How to make a musical guide:
First, listen to the whole excerpt (about five and a half minutes long), and jot down the
times (e.g. :35 to indicate thirty-five seconds from the beginning of the track, etc.) you
hear something jump out at you - like a sudden change in volume, tempo, or the entrance
of a new instrumental sound. You should listen more than once to figure out what the
most important moments are, and when they occur.
Big changes in timbre, tempo, mood, usually indicate a new section in the overall musical
form. Your main task is to make clear where these big sections begin and end, and
describe the distinguishing characteristics in each section.
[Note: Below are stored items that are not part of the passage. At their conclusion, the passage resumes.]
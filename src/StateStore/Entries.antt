-- ===== src/StateStore/Entries.antt =====
-- The entries of the store after a commit, read key by key with nothing put in for a missing one.
use deepkeel.Base.{
  ℕ, ◌≡◌, ◌≢◌, refl, ◌∙◌, inl, inr, false, Bool-cases, Option, none, some, Result, ok, err,
  if◌then◌else◌, ◌==◌, string_eq, pair_eq, beq_ne,
}
use deepkeel.Base.Dict.{get, put, get-put}
use deepkeel.Base.Objects.{Objects}
use deepkeel.Scope.{RunKey}
use deepkeel.StateStore.Aggregate.{StateError, RuntimeStateMutation, RuntimeStateReceipt}
use deepkeel.StateStore.Memory.{MemoryRuntimeState, FailureInjector, aggregate, checks}
use deepkeel.StateStore.Commit.{
  States, state_at, or_fresh, attempt, commit_at, or_restore, if_passed, if_new,
}

module _ {Any : Type 0} ⦃py : Objects Any⦄ where
  module _ (injector : FailureInjector) (now : ℕ) (key : RunKey) (m : RuntimeStateMutation Any)
      (states : States Any) (j : RunKey) where
    abbrev present : States Any
    present = put states key (state_at states key)

    -- what stands where a commit has raised: only the entry that `setdefault` puts
    abbrev entry_after_error : Option (MemoryRuntimeState Any)
    entry_after_error = if key == j then some (or_fresh (get states key)) else get states j

    get-present : get present j ≡ entry_after_error
    unfolding state_at
    get-present = get-put states key j (state_at states key)

    get-restored :
        (written : MemoryRuntimeState Any)
        → get (put (put present key written) key (state_at states key)) j ≡ entry_after_error
    unfolding state_at
    get-restored written = elim (Bool-cases (key == j)) [
      | inl e ↦ rw (get-put, e) refl
      | inr e ↦ rw (get-put, e, get-put, e, get-put, e) refl
    ]

    after_error :
        (o : Option RuntimeStateReceipt) (c : Result StateError (Unit {0}))
        (a : Result StateError RuntimeStateReceipt × MemoryRuntimeState Any) {x : StateError}
        → (if_new o present
            (if_passed c present (or_restore present key (state_at states key) a))).0
          ≡ err x
        → get
            (if_new o present
              (if_passed c present (or_restore present key (state_at states key) a))).1
            j
          ≡ entry_after_error
    after_error (some old) c a h = absurd (cc h)
    after_error none (err e) a h = get-present
    after_error none (ok u) (err e, written) h = get-restored written
    after_error none (ok u) (ok r, written) h = absurd (cc h)

    elsewhere :
        (o : Option RuntimeStateReceipt) (c : Result StateError (Unit {0}))
        (a : Result StateError RuntimeStateReceipt × MemoryRuntimeState Any)
        → (key == j) ≡ false
        → get
            (if_new o present
              (if_passed c present (or_restore present key (state_at states key) a))).1
            j
          ≡ get states j
    elsewhere (some old) c a h = get-present ∙ rw h refl
    elsewhere none (err e) a h = get-present ∙ rw h refl
    elsewhere none (ok u) (err e, written) h = get-restored written ∙ rw h refl
    elsewhere none (ok u) (ok r, written) h =
        get-put present key j written ∙ rw h (get-present ∙ rw h refl)

    pub get-commit_at_error :
        {x : StateError}
        → (commit_at injector now key m states).0 ≡ err x
        → get (commit_at injector now key m states).1 j
          ≡ (if key == j then some (or_fresh (get states key)) else get states j)
    unfolding commit_at
    get-commit_at_error h =
        after_error (get (state_at states key).receipts m.mutation_id)
          (checks (state_at states key) m)
          (attempt injector (aggregate (state_at states key) m.run_id) now m (state_at states key))
          h

    pub get-commit_at_elsewhere :
        key ≢ j → get (commit_at injector now key m states).1 j ≡ get states j
    unfolding commit_at
    get-commit_at_elsewhere ne =
        elsewhere (get (state_at states key).receipts m.mutation_id)
          (checks (state_at states key) m)
          (attempt injector (aggregate (state_at states key) m.run_id) now m (state_at states key))
          (beq_ne ne)
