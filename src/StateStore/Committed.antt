-- ===== src/StateStore/Committed.antt =====
-- What a commit that returns has done to its run.
use deepkeel.Base.{ℕ, ◌+◌, ◌≡◌, inl, inr, ok, Result-cases, arith}
use deepkeel.Base.Objects.{Objects}
use deepkeel.StateStore.Aggregate.{RuntimeStateMutation, RuntimeStateReceipt, RunAggregate, apply}
use deepkeel.StateStore.Memory.{
  MemoryRuntimeState, FailureInjector, append_event, append_checkpoint, delete_checkpoints,
  settle_state, receipt_of, keep_receipt,
}
use deepkeel.StateStore.Commit.{attempt}

module _ {Any : Type 0} ⦃py : Objects Any⦄ where
  -- every write of a commit, in order
  unfoldable pub written :
      RunAggregate Any
      → ℕ
      → RuntimeStateMutation Any
      → MemoryRuntimeState Any
      → MemoryRuntimeState Any
  written agg now m s =
      keep_receipt m
        (settle_state agg now m (delete_checkpoints m (append_checkpoint m (append_event m s))))

  -- an attempt that returns has made every write, from the aggregate that `apply` returned
  pub record Made (agg : RunAggregate Any) (now : ℕ) (m : RuntimeStateMutation Any)
      (s s' : MemoryRuntimeState Any) (r : RuntimeStateReceipt) : Type 0 where
    pub agg' : RunAggregate Any
    pub applied : apply agg m (s.sequence + 1) ≡ ok agg'
    pub writes : s' ≡ written agg' now m s
    pub receipt : r ≡ receipt_of m s'

  pub attempt-ok :
      (injector : FailureInjector) (agg : RunAggregate Any) (now : ℕ) (m : RuntimeStateMutation Any)
      (s : MemoryRuntimeState Any) {r : RuntimeStateReceipt}
      → (attempt injector agg now m s).0 ≡ ok r
      → Made agg now m s (attempt injector agg now m s).1 r
  unfolding attempt written
  attempt-ok injector agg now m s h = elim (Result-cases (apply agg m (s.sequence + 1))) [
    | inl (agg', e) ↦ record {
      agg' = agg';
      applied = e;
      writes = ground (arith, e);
      receipt = ground (arith, e);
    }
    | inr (x, e) ↦ absurd (ground (arith, e))
  ]
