-- ===== src/StateStore/Outcome.antt =====
-- The three ways in which a commit ends, read key by key.
use deepkeel.Base.{
  ℕ, ◌≡◌, refl, ap, subst, inl, inr, Bool-cases, Option, none, some, Result, ok, err, if◌then◌else◌,
  ◌==◌, string_eq, pair_eq, eq_of_beq, beq_refl,
}
use deepkeel.Base.Dict.{get, put, get-put}
use deepkeel.Base.Objects.{Objects}
use deepkeel.Scope.{RunKey}
use deepkeel.StateStore.Aggregate.{StateError, RuntimeStateMutation, RuntimeStateReceipt}
use deepkeel.StateStore.Memory.{MemoryRuntimeState, FailureInjector, aggregate, checks}
use deepkeel.StateStore.Commit.{
  States, state_at, as_replayed, attempt, commit_at, or_restore, if_passed, if_new,
}
use deepkeel.StateStore.Committed.{Made, attempt-ok}

module _ {Any : Type 0} where
  pub state_at-put :
      (states : States Any) (key j : RunKey) (s : MemoryRuntimeState Any)
      → state_at (put states key s) j ≡ (if key == j then s else state_at states j)
  unfolding state_at
  state_at-put states key j s =
      rw get-put (elim (Bool-cases (key == j)) [ inl e ↦ rw e | inr e ↦ rw e ])

  -- every run reads as before
  abbrev pub Same : States Any → States Any → Type 0
  Same states states' = (j : RunKey) → state_at states' j ≡ state_at states j

  -- one run reads as given, the others as before
  abbrev pub Updates : RunKey → MemoryRuntimeState Any → States Any → States Any → Type 0
  Updates key s' states states' =
      (j : RunKey) → state_at states' j ≡ (if key == j then s' else state_at states j)

  pub Same-present :
      (states : States Any) (key : RunKey) → Same states (put states key (state_at states key))
  Same-present states key j = rw state_at-put (elim (Bool-cases (key == j)) [
    | inl e ↦ rw e (ap (state_at states) (eq_of_beq e))
    | inr e ↦ rw e
  ])

  -- what `except` does undoes what was written
  pub Same-restored :
      (states : States Any) (key : RunKey) (s : MemoryRuntimeState Any)
      → Same states
          (put (put (put states key (state_at states key)) key s) key (state_at states key))
  Same-restored states key s j = rw state_at-put (elim (Bool-cases (key == j)) [
    | inl e ↦ rw e (ap (state_at states) (eq_of_beq e))
    | inr e ↦ rw e (rw state_at-put (rw e (Same-present states key j)))
  ])

  Updates-put :
      (states : States Any) (key : RunKey) (s : MemoryRuntimeState Any)
      → Updates key s states (put (put states key (state_at states key)) key s)
  Updates-put states key s j =
      rw state_at-put
        (elim (Bool-cases (key == j)) [ inl e ↦ rw e | inr e ↦ rw e (Same-present states key j) ])

module _ {Any : Type 0} ⦃py : Objects Any⦄ where
  pub data Outcome (injector : FailureInjector) (now : ℕ) (key : RunKey)
      (m : RuntimeStateMutation Any) (states : States Any)
      (result : Result StateError RuntimeStateReceipt × States Any) : Type 0 where
    replayed :
        (old : RuntimeStateReceipt)
        → get (state_at states key).receipts m.mutation_id ≡ some old
        → result.0 ≡ ok (as_replayed old)
        → Same states result.1
        → Outcome injector now key m states result
    refused :
        (e : StateError)
        → get (state_at states key).receipts m.mutation_id ≡ none
        → result.0 ≡ err e
        → Same states result.1
        → Outcome injector now key m states result
    committed :
        (r : RuntimeStateReceipt) (s' : MemoryRuntimeState Any)
        → get (state_at states key).receipts m.mutation_id ≡ none
        → checks (state_at states key) m ≡ ok tt
        → Made (aggregate (state_at states key) m.run_id) now m (state_at states key) s' r
        → result.0 ≡ ok r
        → Updates key s' states result.1
        → Outcome injector now key m states result

  module _ (injector : FailureInjector) (now : ℕ) (key : RunKey) (m : RuntimeStateMutation Any)
      (states : States Any) where
    abbrev present : States Any
    present = put states key (state_at states key)

    ending :
        (o : Option RuntimeStateReceipt) (c : Result StateError (Unit {0}))
        (a : Result StateError RuntimeStateReceipt × MemoryRuntimeState Any)
        → get (state_at states key).receipts m.mutation_id ≡ o
        → checks (state_at states key) m ≡ c
        → attempt injector (aggregate (state_at states key) m.run_id) now m (state_at states key)
          ≡ a
        → Outcome injector now key m states (
            if_new o present (if_passed c present (or_restore present key (state_at states key) a)))
    ending (some old) c a eo ec ea = replayed old eo refl (Same-present states key)
    ending none (err e) a eo ec ea = refused e eo refl (Same-present states key)
    ending none (ok u) (err e, s') eo ec ea = refused e eo refl (Same-restored states key s')
    ending none (ok u) (ok r, s') eo ec ea =
        committed r s' eo ec
          (subst
            (λ (p : Result StateError RuntimeStateReceipt × MemoryRuntimeState Any).
              Made (aggregate (state_at states key) m.run_id) now m (state_at states key) p.1 r)
            ea
            (attempt-ok injector (aggregate (state_at states key) m.run_id) now m
              (state_at states key)
              (ap (λ (p : Result StateError RuntimeStateReceipt × MemoryRuntimeState Any). p.0)
                ea)))
          refl (Updates-put states key s')

    pub commit_at-Outcome : Outcome injector now key m states (commit_at injector now key m states)
    unfolding commit_at
    commit_at-Outcome = ending _ _ _ refl refl refl

    get-put_self :
        (d : States Any) (s : MemoryRuntimeState Any)
        → get (put d key s) key ≡ some (state_at (put d key s) key)
    unfolding state_at
    get-put_self d s = rw get-put (rw (beq_refl key))

    entry_left :
        (o : Option RuntimeStateReceipt) (c : Result StateError (Unit {0}))
        (a : Result StateError RuntimeStateReceipt × MemoryRuntimeState Any)
        → let result =
            if_new o present
              (if_passed c present (or_restore present key (state_at states key) a)) in
          get result.1 key ≡ some (state_at result.1 key)
    entry_left (some old) c a = get-put_self states (state_at states key)
    entry_left none (err e) a = get-put_self states (state_at states key)
    entry_left none (ok u) (err e, s') = get-put_self (put present key s') (state_at states key)
    entry_left none (ok u) (ok r, s') = get-put_self present s'

    -- a commit, whatever it returns, leaves an entry for its run
    pub get-commit_at :
        get (commit_at injector now key m states).1 key
        ≡ some (state_at (commit_at injector now key m states).1 key)
    unfolding commit_at
    get-commit_at =
        entry_left (get (state_at states key).receipts m.mutation_id)
          (checks (state_at states key) m)
          (attempt injector (aggregate (state_at states key) m.run_id) now m (state_at states key))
You may list and describe as many important musical moments as you like, but set the
three most important ones in boldface. For your three most important moments, provide
two or more sentences describing what you hear in terms of musical features (again, see
chapter 3), and what the effect is (this part is subjective, and creative: you can say things
like, the sound of the woodwind instruments evokes a natural setting on a calm day or
the stinger chord makes it seem like a monster has just appeared). These descriptions
do not need to reflect what actually happens in the film On the Waterfront. You may
make the guide before or after seeing the film.